Budget is a wholly-owned subsidiary of Transamerica Corporation. It is engaged in the business of renting automobiles to the general public, mostly through franchises to local dealers. Plaintiff alleges that he is handicapped, but that his impairment does not affect his ability to operate a motor vehicle. He has been a licensed driver since 1970. Plaintiff further alleges that, during 1979, a Budget franchisee named George R. Bunch refused to rent an automobile to plaintiff solely because of his handicap.
Plaintiff contends that these allegations state a claim for violation of Section 504 of the Rehabilitation Act of 1973, 29 U.S.C. § 794 ("Section 504"). He seeks compensatory and punitive damages, as well as injunctive relief, for the alleged violation. The relevant portion of Section 504 reads as follows:
No otherwise qualified handicapped individual in the United States, as defined in section 706(7) of this title, shall, solely by reason of his handicap, be excluded from the participation in, be denied the benefits of, or be subjected to discrimination under any program or activity receiving Federal financial assistance or under any program or activity conducted by an Executive agency or by the United States Postal Service....
An action will lie against a private party under Section 504, then, only if that party is a recipient of "Federal financial assistance." Budget contends that the material facts necessary to determine whether it receives Federal financial assistance are not in genuine dispute, and that summary judgment should be entered in its favor because these facts show that Budget does not receive Federal financial assistance. The question before the Court on Budget's instant motion is thus simply whether Budget is a recipient of Federal financial assistance within the meaning of Section 504.

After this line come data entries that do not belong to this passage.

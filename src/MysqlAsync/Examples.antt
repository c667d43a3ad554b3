-- ===== src/MysqlAsync/Examples.antt =====
-- The theorems on the MySQL driver, at concrete inputs.
use ormpp.Base.{
  ℕ, zero, suc, ◌<◌, Bool, true, false, List, [], ◌∷◌, ◌++◌, Option, none, some, Bytes, codes,
  length, All, to_string, replicate, ◌≡◌, ◌≢◌, ◌%◌, ltb, ◌&&◌, map, refl, arith,
}
use ormpp.MysqlAsync.Packets.{OkPacket, ColumnDefinition}
use ormpp.MysqlAsync.Reader.{le_bytes, append_lenenc_int, append_lenenc_string}
use ormpp.MysqlAsync.Packets.RoundTrip.{Fits, ok_payload}
use ormpp.MysqlAsync.Packets.Columns.{column_payload}
use ormpp.MysqlAsync.Frames.{read_packet, write_packet}
use ormpp.MysqlAsync.Frames.RoundTrip.{read_packet-write_packet}
use ormpp.MysqlAsync.Response.{Link, gives, query_text}
use ormpp.MysqlAsync.Response.Query.{query_text-write_packets}
use ormpp.MysqlAsync.Response.Delivery.{Described}
use ormpp.MysqlAsync.Response.Result.{answered, write_packets, result_packets}
use ormpp.MysqlAsync.Arguments.{
  null, minus, Argument, text, plus, escape_mysql_string, blob_to_hex, format_query_args,
  to_query_arg_impl, plain, step,
}
use ormpp.MysqlAsync.Arguments.Literal.{read_mysql_literal, read_mysql_literal-escape_mysql_string}
use ormpp.MysqlAsync.Arguments.Substitution.{fill, format_query_args-fill}
use ormpp.MysqlAsync.Auth.{scramble_mysql_native_password, scramble_caching_sha2_password}
use ormpp.MysqlAsync.Auth.Scramble.{IsHash, NativeAccepts, CachingAccepts, scramble_accepted}
use ormpp.MysqlAsync.Rows.{Target, signed, unsigned, string_target, map_reflectable_row}
use ormpp.MysqlAsync.Rows.RoundTrip.{sent_text, map_reflectable_row-sent_text}
use ormpp.MysqlAsync.Connect.{Account}
use ormpp.MysqlAsync.Handshake.{ServerHandshake, parse_server_handshake}
use ormpp.MysqlAsync.Handshake.RoundTrip.{
  IsHandshake, handshake_payload, parse_server_handshake-handshake_payload,
}

read_packet-write_packet_example :
    (out : Bytes) × (last_id : ℕ) × (write_packet 255 (codes "select 1") ≡ some (out, last_id))
    × ((rest : Bytes) → read_packet (out ++ rest) ≡ some ((codes "select 1", last_id), rest))
read_packet-write_packet_example = read_packet-write_packet 255 (codes "select 1")

abbrev link : Link
link = record {
  incoming = [];
  outgoing = [];
  sequence_id = 0;
  last_affect_rows = 3;
  last_insert_id = 0;
  status_flags = 0;
  backslash_escapes = true;
}

abbrev age : ColumnDefinition
age = record {
  schema = codes "db";
  table = codes "t";
  org_table = codes "t";
  name = codes "age";
  org_name = codes "age";
  character_set = 63;
  column_length = 11;
  column_type = 3;
  flags = 0;
  decimals = 0;
}

abbrev columns : List (Bytes × ColumnDefinition)
columns = (codes "def", age) ∷ []

abbrev rows : List (List (Option Bytes))
rows = (some (codes "42") ∷ []) ∷ (none ∷ []) ∷ []

abbrev ok : OkPacket
ok = record { affected_rows = 0; last_insert_id = 0; status_flags = 0x202; warnings = 0; info = [] }

abbrev sent : Bytes
sent =
    1 ∷ 0 ∷ 0 ∷ 1 ∷ 1 ∷ 32 ∷ 0 ∷ 0 ∷ 2 ∷ 3 ∷ 100 ∷ 101 ∷ 102 ∷ 2 ∷ 100 ∷ 98 ∷ 1 ∷ 116 ∷ 1 ∷ 116 ∷ 3
    ∷ 97 ∷ 103 ∷ 101 ∷ 3 ∷ 97 ∷ 103 ∷ 101 ∷ 12 ∷ 63 ∷ 0 ∷ 11 ∷ 0 ∷ 0 ∷ 0 ∷ 3 ∷ 0 ∷ 0 ∷ 0 ∷ 0 ∷ 0 ∷ 3
    ∷ 0 ∷ 0 ∷ 3 ∷ 2 ∷ 52 ∷ 50 ∷ 1 ∷ 0 ∷ 0 ∷ 4 ∷ 251 ∷ 7 ∷ 0 ∷ 0 ∷ 5 ∷ 254 ∷ 0 ∷ 0 ∷ 2 ∷ 2 ∷ 0 ∷ 0
    ∷ []

sent_is : write_packets 1 (result_packets columns rows ok) ≡ some (sent, 6)
unfolding write_packet le_bytes column_payload append_lenenc_string
sent_is = refl

ok-Fits : Fits ok
ok-Fits = record {
  affected_rows_fits = omega arith;
  last_insert_id_fits = omega arith;
  status_flags_fits = omega arith;
  warnings_fits = omega arith;
}

ok_short : length (ok_payload 0xfe ok) < 9
unfolding append_lenenc_int le_bytes
ok_short = omega arith

query_text-write_packets_example :
    (out : Bytes) × (next : ℕ) × (read : List ColumnDefinition) × (write_packet 0
        (3 ∷ codes "select age from t")
      ≡ some (out, next))
    × Described columns read
    × (query_text (codes "select age from t") (record link { incoming = sent ++ (7 ∷ []) }) ≡ (
      gives (record { has_resultset = true; ok = none; columns = read; rows = rows }),
      answered (record link { outgoing = [] ++ out }) (7 ∷ []) 6 ok 2,
    ))
query_text-write_packets_example =
    query_text-write_packets link (codes "select age from t") columns rows ok 1 sent 6 (7 ∷ [])
      (omega arith) (omega arith)
      (
        record {
          catalog_short = omega arith;
          schema_short = omega arith;
          table_short = omega arith;
          org_table_short = omega arith;
          name_short = omega arith;
          org_name_short = omega arith;
        },
        tt,
      )
      ((refl, (omega arith, tt)), ((refl, (tt, tt)), tt)) ok-Fits (ok_short) sent_is

read_mysql_literal-escape_mysql_string_example :
    (behind : Bytes) × (escape_mysql_string (codes "it's \\ ok") false ++ codes ", 1"
      ≡ b'\'' ∷ behind)
    × (read_mysql_literal false behind ≡ some (codes "it's \\ ok", codes ", 1"))
read_mysql_literal-escape_mysql_string_example =
    read_mysql_literal-escape_mysql_string false (codes "it's \\ ok") (codes ", 1") refl

blob_literal : (blob_to_hex (0 ∷ 255 ∷ []) ≡ codes "0x00FF") × (blob_to_hex [] ≡ codes "0x")
unfolding blob_to_hex
blob_literal = (refl, refl)

abbrev arguments : List Argument
arguments = text (codes "a?b") ∷ plus 7 ∷ []

formatted :
    format_query_args (codes "update `t?` set a=?, b='?' where c=? # ?") false arguments
    ≡ some (codes "update `t?` set a='a?b', b='?' where c=7 # ?")
unfolding format_query_args step to_string
formatted = refl

-- One argument too few, one too many
mismatched :
    (format_query_args (codes "?,?,?") false arguments ≡ none)
    × (format_query_args (codes "?") false arguments ≡ none)
unfolding format_query_args step to_string
mismatched = (refl, refl)

format_query_args-fill_example :
    format_query_args (codes "a=? and b=?") false arguments
    ≡ fill false plain (codes "a=? and b=?") (map (λ arg. to_query_arg_impl arg false) arguments)
format_query_args-fill_example = format_query_args-fill (codes "a=? and b=?") false arguments

-- A function with the size of a hash
abbrev toy : ℕ → Bytes → Bytes
toy size s = replicate size (length s % 256)

toy_bytes : (size n : ℕ) → n < 256 → All (λ a. a < 256) (replicate size n)
toy_bytes zero n h = tt
toy_bytes (suc size) n h = (h, toy_bytes size n h)

toy_length : (size n : ℕ) → length (replicate size n) ≡ size
toy_length zero n = refl
toy_length (suc size) n = omega (arith, toy_length size n)

toy-IsHash : (size : ℕ) → IsHash (toy size) size
toy-IsHash size = record {
  has_size = λ s. toy_length size (length s % 256);
  has_bytes = λ s. toy_bytes size (length s % 256) (omega arith);
}

scramble_accepted_example :
    NativeAccepts
      (toy 20)
      (toy 32)
      (toy 20 (toy 20 (codes "secret")))
      (codes "salt")
      (scramble_mysql_native_password (toy 20) (toy 32) (codes "secret") (codes "salt"))
    × CachingAccepts
        (toy 20)
        (toy 32)
        (toy 32 (toy 32 (codes "secret")))
        (codes "salt")
        (scramble_caching_sha2_password (toy 20) (toy 32) (codes "secret") (codes "salt"))
scramble_accepted_example =
    scramble_accepted (toy 20) (toy 32) (codes "secret") (codes "salt") 20 32 refl (toy-IsHash 20)
      (toy-IsHash 32)

abbrev hello : ServerHandshake
hello = record {
  protocol_version = 10;
  server_version = codes "8.0.36";
  connection_id = 77;
  scramble = codes "abcdefghABCDEFGHIJKL";
  capabilities = 0x188000;
  character_set = 45;
  status_flags = 2;
  auth_plugin_name = codes "caching_sha2_password";
}

abbrev all_positive : Bytes → Bool
all_positive [] = true
all_positive (c ∷ s) = ltb 0 c && all_positive s

codes-NonZero : (s : Bytes) → all_positive s ≡ true → All (λ c. c ≢ 0) s
codes-NonZero [] h = tt
codes-NonZero (c ∷ s) h = (ground arith, codes-NonZero s (ground arith))

hello-IsHandshake : IsHandshake hello (codes "abcdefgh") (codes "ABCDEFGHIJKL")
hello-IsHandshake = record {
  version_text = codes-NonZero (codes "8.0.36") refl;
  name_text = codes-NonZero (codes "caching_sha2_password") refl;
  connection_id_fits = omega arith;
  status_fits = omega arith;
  capabilities_fit = omega arith;
  part1_size = refl;
  part2_size = refl;
  parts = refl;
  knows_plugins = refl;
  is_secure = refl;
}

parse_server_handshake-handshake_payload_example :
    parse_server_handshake (handshake_payload hello (codes "abcdefgh") (codes "ABCDEFGHIJKL"))
    ≡ some hello
parse_server_handshake-handshake_payload_example =
    parse_server_handshake-handshake_payload hello (codes "abcdefgh") (codes "ABCDEFGHIJKL")
      hello-IsHandshake

abbrev account : Account
account = record { user = codes "root"; password = codes "secret"; database = codes "test" }

-- The handshake in its frame, and an ok packet in its own
abbrev greeting : Bytes
greeting =
    74
    ∷ 0
    ∷ 0
    ∷ 0
    ∷ (handshake_payload hello (codes "abcdefgh") (codes "ABCDEFGHIJKL")
        ++ 7 ∷ 0 ∷ 0 ∷ 2 ∷ 0 ∷ 0 ∷ 0 ∷ 2 ∷ 2 ∷ 0 ∷ 0 ∷ [])

abbrev refuse : Bytes → Bytes → Bytes → Option Bytes
refuse password scramble key = none

abbrev response : Bytes
response =
    scramble_caching_sha2_password (toy 20) (toy 32) (codes "secret") (codes "abcdefghABCDEFGHIJKL")

abbrev targets : List (Bool × Target)
targets = (false, signed 32) ∷ (true, string_target) ∷ (false, unsigned 8) ∷ []

map_reflectable_row-sent_text_example :
    map_reflectable_row targets
      (map sent_text (minus 4 ∷ null ∷ plus 255 ∷ []) ++ some (codes "more") ∷ [])
    ≡ some (minus 4 ∷ null ∷ plus 255 ∷ [])
map_reflectable_row-sent_text_example =
    map_reflectable_row-sent_text targets (minus 4 ∷ null ∷ plus 255 ∷ [])
      (some (codes "more") ∷ []) (omega arith, (refl, (omega arith, tt)))

-- Too large for its type, and no number
refused_texts :
    (map_reflectable_row ((false, unsigned 8) ∷ []) (some (codes "256") ∷ []) ≡ none)
    × (map_reflectable_row ((false, signed 8) ∷ []) (some (codes "1x") ∷ []) ≡ none)
unfolding map_reflectable_row
refused_texts = (refl, refl)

Budget has conceded in answers to interrogatories filed with the Court that it receives funds from the federal government under automobile rental contracts which it has with a number of federal agencies.

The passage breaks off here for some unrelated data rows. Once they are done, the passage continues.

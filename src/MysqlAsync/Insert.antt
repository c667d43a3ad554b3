-- ===== src/MysqlAsync/Insert.antt =====
-- ormpp/mysql_async.hpp, `escape_identifier`, `format_struct_sql` and `insert_impl` of one object and of many.
-- `execute`, `last_affect_rows_` and the escape mode, which a statement may change, are parameters here, on a state; MysqlAsync/Response has the driver's own.
-- `numeric_limits<int>::min()` is `none`.
pub mod Sent
mod Examples
use ormpp.Base.{
  ℕ, ◌+◌, Bool, true, false, not, ◌&&◌, List, [], ◌∷◌, ◌++◌, Option, none, some, ◌==◌,
  if◌then◌else◌, Bytes, codes,
}
use ormpp.Utility.Keys.{Entity, Registry, mysql, is_auto_key, get_conflict_keys, is_conflict_key}
use ormpp.Utility.Insert.{generate_insert_sql}
use ormpp.MysqlAsync.Arguments.{Argument, to_query_arg_impl, replace_all}

-- The loop of `escape_identifier`
unfoldable pub double_backticks : Bytes → Bytes
double_backticks [] = []
double_backticks (c ∷ input) =
    (if c == b'`' then b'`' ∷ b'`' ∷ [] else c ∷ []) ++ double_backticks input

unfoldable pub escape_identifier : Bytes → Bytes
unfolding double_backticks
escape_identifier input = b'`' ∷ (double_backticks input ++ b'`' ∷ [])

pub data OptType : Type 0 where
  insert : OptType
  update : OptType
  replace : OptType

abbrev pub is_insert : OptType → Bool
is_insert insert = true
is_insert _ = false

abbrev pub is_update : OptType → Bool
is_update update = true
is_update _ = false

-- An object: the value of each of its members
abbrev pub Object : Type 0
Object = Bytes → Argument

-- A loop over the members that pushes the values of those that pass the test
unfoldable pub push_values : (Bytes → Bool) → Object → Bool → List Bytes → List Bytes
unfolding to_query_arg_impl
push_values test object no_backslash_escapes [] = []
push_values test object no_backslash_escapes (name ∷ names) =
    (if test name then to_query_arg_impl (object name) no_backslash_escapes ∷ [] else [])
    ++ push_values test object no_backslash_escapes names

-- The values of `format_struct_sql` without further arguments
unfoldable pub struct_values : Registry → Entity → Object → OptType → Bool → List Bytes
unfolding push_values escape_identifier
struct_values r t object type no_backslash_escapes =
    push_values (λ name. not (is_insert type && is_auto_key r t name)) object no_backslash_escapes
      t.member_names
    ++ (if is_update type
        then push_values
            (λ name. is_conflict_key (get_conflict_keys mysql [] r t) (escape_identifier name))
            object no_backslash_escapes t.member_names
        else [])

unfoldable pub format_struct_sql :
    Registry → Entity → Bytes → Object → OptType → Bool → Option Bytes
unfolding struct_values replace_all
format_struct_sql r t sql object type no_backslash_escapes =
    replace_all sql 0 (struct_values r t object type no_backslash_escapes) no_backslash_escapes

module _ {S : Type 0} (execute : Bytes → S → Bool × S) (last_affect_rows : S → ℕ)
    (no_backslash_escapes : S → Bool) where
  abbrev pub affected_of : Bool × S → Option ℕ × S
  affected_of (true, s) = (some (last_affect_rows s), s)
  affected_of (false, s) = (none, s)

  -- An exception of the formatting is caught.
  abbrev pub execute_formatted : Option Bytes → S → Option ℕ × S
  execute_formatted none s = (none, s)
  execute_formatted (some sql) s = affected_of (execute sql s)

  unfoldable pub insert_one : Registry → Entity → OptType → Object → S → Option ℕ × S
  unfolding format_struct_sql generate_insert_sql
  insert_one r t type object s =
      execute_formatted
        (format_struct_sql r t (generate_insert_sql mysql (is_insert type) r t []) object type
          (no_backslash_escapes s))
        s

  -- How the loop over the objects ends: all are inserted, a statement failed, or an exception was thrown
  pub data Loop : Type 0 where
    inserted : ℕ → Loop
    refused : Loop
    thrown : Loop

  abbrev pub go_on : (ℕ → S → Loop × S) → ℕ → Bool × S → Loop × S
  go_on more affected (false, s) = (refused, s)
  go_on more affected (true, s) = more (affected + last_affect_rows s) s

  abbrev pub insert_next : (ℕ → S → Loop × S) → ℕ → Option Bytes → S → Loop × S
  insert_next more affected none s = (thrown, s)
  insert_next more affected (some sql) s = go_on more affected (execute sql s)

  unfoldable pub insert_loop : (Object → Bool → Option Bytes) → List Object → ℕ → S → Loop × S
  insert_loop format [] affected s = (inserted affected, s)
  insert_loop format (object ∷ objects) affected s =
      insert_next (insert_loop format objects) affected (format object (no_backslash_escapes s)) s

  abbrev pub committed : ℕ → Bool × S → Option ℕ × S
  committed affected (true, s) = (some affected, s)
  committed affected (false, s) = (none, s)

  -- Behind the loop, where a transaction was begun: an exception leaves it as it is.
  abbrev pub finish : Loop × S → Option ℕ × S
  finish (inserted affected, s) = committed affected (execute (codes "COMMIT") s)
  finish (refused, s) = (none, (execute (codes "ROLLBACK") s).1)
  finish (thrown, s) = (none, s)

  abbrev pub finish_plain : Loop × S → Option ℕ × S
  finish_plain (inserted affected, s) = (some affected, s)
  finish_plain (_, s) = (none, s)

  abbrev pub after_begin : (S → Loop × S) → Bool × S → Option ℕ × S
  after_begin loop (true, s) = finish (loop s)
  after_begin loop (false, s) = (none, s)

  abbrev pub has_objects : List Object → Bool
  has_objects [] = false
  has_objects (object ∷ objects) = true

  unfoldable pub insert_many :
      (Object → Bool → Option Bytes) → Bool → List Object → S → Option ℕ × S
  unfolding insert_loop
  insert_many format transaction objects s =
      if transaction && has_objects objects
      then after_begin (insert_loop format objects 0) (execute (codes "BEGIN") s)
      else finish_plain (insert_loop format objects 0 s)

  unfoldable pub insert_vector : Registry → Entity → OptType → Bool → List Object → S → Option ℕ × S
  unfolding insert_many format_struct_sql generate_insert_sql
  insert_vector r t type transaction objects s =
      insert_many
        (λ object escapes_off.
          format_struct_sql r t (generate_insert_sql mysql (is_insert type) r t []) object type
            escapes_off)
        transaction objects s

These contracts, and the payments received by Budget on account of them, are the sole basis for plaintiff's contention that Budget is a recipient of Federal financial assistance under Section 504. Accordingly, unless these contracts constitute Federal financial assistance within the meaning of the statute, Budget cannot be subjected to liability under Section 504, and Budget's motion for summary judgment must be granted.
The task before the Court is plainly one of statutory interpretation. The term "Federal financial assistance" is not defined by the Rehabilitation Act of 1973 ("the Act"). The Court has not been apprised, either by the parties or by virtue of its own research, of any case dealing with this issue in any great detail.
The question is thus essentially one of first impression, requiring the Court to consider the language and the administrative interpretations of Section 504, the legislative history of Section 504, the prevailing interpretation of any related statutes, and the general purposes of the Act.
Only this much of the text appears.